AIM OF THE EXERCISE: In the data below, which lines hold "deadline"? Copy every one.
___
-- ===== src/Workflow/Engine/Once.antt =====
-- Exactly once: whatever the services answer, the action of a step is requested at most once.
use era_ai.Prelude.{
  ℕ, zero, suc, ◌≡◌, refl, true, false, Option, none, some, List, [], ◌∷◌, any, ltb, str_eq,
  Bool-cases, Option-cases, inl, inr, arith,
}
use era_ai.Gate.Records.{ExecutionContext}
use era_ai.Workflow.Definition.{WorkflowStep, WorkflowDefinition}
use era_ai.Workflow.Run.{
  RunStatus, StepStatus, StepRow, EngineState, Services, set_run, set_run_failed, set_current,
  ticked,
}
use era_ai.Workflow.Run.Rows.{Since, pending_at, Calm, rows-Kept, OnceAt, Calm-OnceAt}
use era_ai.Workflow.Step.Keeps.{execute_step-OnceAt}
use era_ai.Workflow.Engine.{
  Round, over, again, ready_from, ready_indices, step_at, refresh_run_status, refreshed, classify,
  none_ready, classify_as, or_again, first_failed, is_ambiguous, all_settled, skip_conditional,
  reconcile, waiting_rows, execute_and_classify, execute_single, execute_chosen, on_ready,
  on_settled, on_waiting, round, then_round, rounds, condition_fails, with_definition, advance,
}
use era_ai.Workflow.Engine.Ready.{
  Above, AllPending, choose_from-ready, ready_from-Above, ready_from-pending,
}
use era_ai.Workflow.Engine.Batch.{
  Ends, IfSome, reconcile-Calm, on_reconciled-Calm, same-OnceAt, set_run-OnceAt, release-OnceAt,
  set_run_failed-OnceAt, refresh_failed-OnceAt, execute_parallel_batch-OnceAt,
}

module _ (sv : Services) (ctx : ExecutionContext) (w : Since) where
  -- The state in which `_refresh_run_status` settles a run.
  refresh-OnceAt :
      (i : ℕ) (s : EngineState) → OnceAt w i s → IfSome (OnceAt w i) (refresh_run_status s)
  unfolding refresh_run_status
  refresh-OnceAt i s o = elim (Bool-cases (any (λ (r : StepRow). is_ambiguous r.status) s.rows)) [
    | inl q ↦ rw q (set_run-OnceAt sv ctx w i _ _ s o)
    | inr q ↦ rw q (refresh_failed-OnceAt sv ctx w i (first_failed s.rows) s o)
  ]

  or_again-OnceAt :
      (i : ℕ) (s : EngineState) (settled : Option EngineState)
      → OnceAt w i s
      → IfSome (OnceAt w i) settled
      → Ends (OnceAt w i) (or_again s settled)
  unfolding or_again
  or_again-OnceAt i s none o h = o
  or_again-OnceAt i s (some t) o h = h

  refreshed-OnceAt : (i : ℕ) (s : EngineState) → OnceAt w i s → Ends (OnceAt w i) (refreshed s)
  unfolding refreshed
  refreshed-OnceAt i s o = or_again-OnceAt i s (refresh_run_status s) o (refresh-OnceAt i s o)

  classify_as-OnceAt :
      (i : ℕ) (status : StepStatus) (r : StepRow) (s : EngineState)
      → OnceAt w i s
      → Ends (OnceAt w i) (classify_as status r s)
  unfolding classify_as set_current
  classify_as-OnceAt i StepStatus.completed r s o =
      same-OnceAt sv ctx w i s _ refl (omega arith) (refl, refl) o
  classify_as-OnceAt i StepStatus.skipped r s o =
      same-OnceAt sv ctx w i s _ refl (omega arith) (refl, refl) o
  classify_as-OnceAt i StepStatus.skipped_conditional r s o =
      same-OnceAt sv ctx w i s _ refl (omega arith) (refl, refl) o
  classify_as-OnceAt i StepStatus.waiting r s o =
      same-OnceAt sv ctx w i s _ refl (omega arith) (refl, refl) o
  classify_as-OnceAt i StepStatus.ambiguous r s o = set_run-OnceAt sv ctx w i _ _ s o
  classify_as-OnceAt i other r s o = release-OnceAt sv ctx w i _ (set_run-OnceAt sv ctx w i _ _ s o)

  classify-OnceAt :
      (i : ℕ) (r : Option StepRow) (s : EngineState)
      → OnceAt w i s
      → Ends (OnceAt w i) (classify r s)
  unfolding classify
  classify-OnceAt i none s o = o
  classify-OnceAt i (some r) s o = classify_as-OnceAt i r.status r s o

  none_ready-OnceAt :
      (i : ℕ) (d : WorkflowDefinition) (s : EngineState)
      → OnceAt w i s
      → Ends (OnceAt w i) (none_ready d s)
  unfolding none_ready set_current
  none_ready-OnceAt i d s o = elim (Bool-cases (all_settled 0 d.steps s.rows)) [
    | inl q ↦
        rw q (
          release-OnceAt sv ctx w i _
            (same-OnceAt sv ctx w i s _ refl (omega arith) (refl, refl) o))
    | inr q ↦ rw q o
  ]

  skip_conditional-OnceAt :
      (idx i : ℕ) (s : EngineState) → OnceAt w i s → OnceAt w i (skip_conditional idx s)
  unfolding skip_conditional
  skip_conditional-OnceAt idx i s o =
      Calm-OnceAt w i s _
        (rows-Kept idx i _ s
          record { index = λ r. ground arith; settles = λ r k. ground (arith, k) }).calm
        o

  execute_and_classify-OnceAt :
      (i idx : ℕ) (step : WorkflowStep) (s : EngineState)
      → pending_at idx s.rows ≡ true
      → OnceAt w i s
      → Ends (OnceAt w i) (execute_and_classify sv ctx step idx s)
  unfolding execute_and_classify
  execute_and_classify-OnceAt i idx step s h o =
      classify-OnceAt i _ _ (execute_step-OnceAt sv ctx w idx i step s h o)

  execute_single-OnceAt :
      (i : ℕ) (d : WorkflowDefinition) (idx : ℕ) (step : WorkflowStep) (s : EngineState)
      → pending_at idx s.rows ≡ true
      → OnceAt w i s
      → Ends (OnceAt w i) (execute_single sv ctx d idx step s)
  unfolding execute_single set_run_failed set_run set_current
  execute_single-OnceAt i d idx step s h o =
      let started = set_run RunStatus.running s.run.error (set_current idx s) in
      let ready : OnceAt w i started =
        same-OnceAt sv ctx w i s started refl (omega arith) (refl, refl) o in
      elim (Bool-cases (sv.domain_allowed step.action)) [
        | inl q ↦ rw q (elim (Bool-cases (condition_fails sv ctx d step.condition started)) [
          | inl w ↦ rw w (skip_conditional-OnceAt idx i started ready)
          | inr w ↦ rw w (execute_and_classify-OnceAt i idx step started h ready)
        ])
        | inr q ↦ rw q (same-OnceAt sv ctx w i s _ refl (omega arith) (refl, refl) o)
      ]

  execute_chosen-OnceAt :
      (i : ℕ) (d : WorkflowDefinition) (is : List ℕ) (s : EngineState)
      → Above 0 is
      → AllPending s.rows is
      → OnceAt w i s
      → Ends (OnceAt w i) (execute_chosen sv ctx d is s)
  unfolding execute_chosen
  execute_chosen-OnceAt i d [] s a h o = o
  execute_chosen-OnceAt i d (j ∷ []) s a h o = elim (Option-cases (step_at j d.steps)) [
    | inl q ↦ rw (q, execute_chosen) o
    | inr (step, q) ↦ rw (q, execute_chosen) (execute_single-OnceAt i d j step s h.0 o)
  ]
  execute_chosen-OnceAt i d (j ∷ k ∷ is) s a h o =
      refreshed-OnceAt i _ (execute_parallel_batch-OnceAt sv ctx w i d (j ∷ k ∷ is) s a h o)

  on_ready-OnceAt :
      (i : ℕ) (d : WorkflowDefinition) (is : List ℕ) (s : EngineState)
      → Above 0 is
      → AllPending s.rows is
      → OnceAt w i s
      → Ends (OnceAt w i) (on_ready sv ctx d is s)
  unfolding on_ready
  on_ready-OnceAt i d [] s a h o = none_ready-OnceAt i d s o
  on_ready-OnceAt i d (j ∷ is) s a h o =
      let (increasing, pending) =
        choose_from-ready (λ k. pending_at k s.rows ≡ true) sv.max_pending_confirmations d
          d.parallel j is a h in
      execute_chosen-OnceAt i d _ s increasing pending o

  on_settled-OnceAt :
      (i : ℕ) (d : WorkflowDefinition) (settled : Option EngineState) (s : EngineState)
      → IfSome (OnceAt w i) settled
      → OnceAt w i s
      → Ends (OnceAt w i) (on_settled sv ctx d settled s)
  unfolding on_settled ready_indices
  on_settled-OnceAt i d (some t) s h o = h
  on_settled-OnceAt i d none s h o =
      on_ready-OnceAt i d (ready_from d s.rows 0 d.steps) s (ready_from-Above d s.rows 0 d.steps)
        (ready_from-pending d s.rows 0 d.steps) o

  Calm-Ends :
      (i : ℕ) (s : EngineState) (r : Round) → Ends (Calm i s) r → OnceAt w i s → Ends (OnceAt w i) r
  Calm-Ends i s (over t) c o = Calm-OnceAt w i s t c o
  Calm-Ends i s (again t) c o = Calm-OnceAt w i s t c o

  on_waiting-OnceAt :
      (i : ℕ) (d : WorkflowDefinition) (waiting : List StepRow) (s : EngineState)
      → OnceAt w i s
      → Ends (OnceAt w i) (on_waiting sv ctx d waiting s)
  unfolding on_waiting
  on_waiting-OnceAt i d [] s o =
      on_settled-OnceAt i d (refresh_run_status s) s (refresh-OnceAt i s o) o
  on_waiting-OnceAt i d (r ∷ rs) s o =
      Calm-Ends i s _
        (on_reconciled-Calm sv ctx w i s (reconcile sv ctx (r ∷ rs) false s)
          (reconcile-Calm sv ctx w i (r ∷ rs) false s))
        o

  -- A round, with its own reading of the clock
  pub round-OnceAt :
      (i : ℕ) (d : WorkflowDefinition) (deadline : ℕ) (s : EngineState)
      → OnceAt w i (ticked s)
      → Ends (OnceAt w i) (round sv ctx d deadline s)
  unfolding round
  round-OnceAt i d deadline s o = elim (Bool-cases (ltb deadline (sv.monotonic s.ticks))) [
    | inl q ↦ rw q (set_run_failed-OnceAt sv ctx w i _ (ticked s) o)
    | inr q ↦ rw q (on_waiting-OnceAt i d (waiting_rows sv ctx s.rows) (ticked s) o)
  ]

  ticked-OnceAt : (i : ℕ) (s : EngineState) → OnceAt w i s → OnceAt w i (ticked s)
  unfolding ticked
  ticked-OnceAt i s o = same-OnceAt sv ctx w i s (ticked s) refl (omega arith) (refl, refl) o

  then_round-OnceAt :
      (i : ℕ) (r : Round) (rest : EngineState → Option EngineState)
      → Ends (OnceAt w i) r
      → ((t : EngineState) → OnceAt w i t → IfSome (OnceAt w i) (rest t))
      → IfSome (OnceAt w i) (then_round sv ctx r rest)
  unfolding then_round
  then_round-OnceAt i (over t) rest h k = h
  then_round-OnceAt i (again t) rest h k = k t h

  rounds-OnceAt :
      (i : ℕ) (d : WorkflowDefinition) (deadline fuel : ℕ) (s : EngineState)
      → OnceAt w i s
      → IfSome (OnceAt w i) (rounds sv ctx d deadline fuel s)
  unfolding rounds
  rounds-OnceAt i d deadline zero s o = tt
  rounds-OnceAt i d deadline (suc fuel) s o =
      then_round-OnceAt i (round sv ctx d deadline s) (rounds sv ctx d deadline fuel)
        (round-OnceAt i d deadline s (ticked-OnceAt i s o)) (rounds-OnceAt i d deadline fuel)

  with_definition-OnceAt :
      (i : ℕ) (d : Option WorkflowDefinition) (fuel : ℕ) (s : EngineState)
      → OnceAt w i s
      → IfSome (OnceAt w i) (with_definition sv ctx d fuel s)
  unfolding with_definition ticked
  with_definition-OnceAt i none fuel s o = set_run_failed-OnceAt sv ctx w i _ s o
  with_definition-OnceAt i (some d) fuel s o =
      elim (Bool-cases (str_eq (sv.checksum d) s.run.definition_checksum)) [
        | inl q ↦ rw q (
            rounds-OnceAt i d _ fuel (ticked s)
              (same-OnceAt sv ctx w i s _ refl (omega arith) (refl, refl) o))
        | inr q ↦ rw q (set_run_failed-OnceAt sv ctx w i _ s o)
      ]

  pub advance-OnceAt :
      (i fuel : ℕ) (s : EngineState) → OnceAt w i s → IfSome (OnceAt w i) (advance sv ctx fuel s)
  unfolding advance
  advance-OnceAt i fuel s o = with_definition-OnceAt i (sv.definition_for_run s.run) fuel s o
___
RESPONSE TO THIS TASK:
      (i : ℕ) (d : WorkflowDefinition) (deadline : ℕ) (s : EngineState)
      → Ends (OnceAt w i) (round sv ctx d deadline s)
  round-OnceAt i d deadline s o = elim (Bool-cases (ltb deadline (sv.monotonic s.ticks))) [
      (i : ℕ) (d : WorkflowDefinition) (deadline fuel : ℕ) (s : EngineState)
      → IfSome (OnceAt w i) (rounds sv ctx d deadline fuel s)
  rounds-OnceAt i d deadline zero s o = tt
  rounds-OnceAt i d deadline (suc fuel) s o =
      then_round-OnceAt i (round sv ctx d deadline s) (rounds sv ctx d deadline fuel)
        (round-OnceAt i d deadline s (ticked-OnceAt i s o)) (rounds-OnceAt i d deadline fuel)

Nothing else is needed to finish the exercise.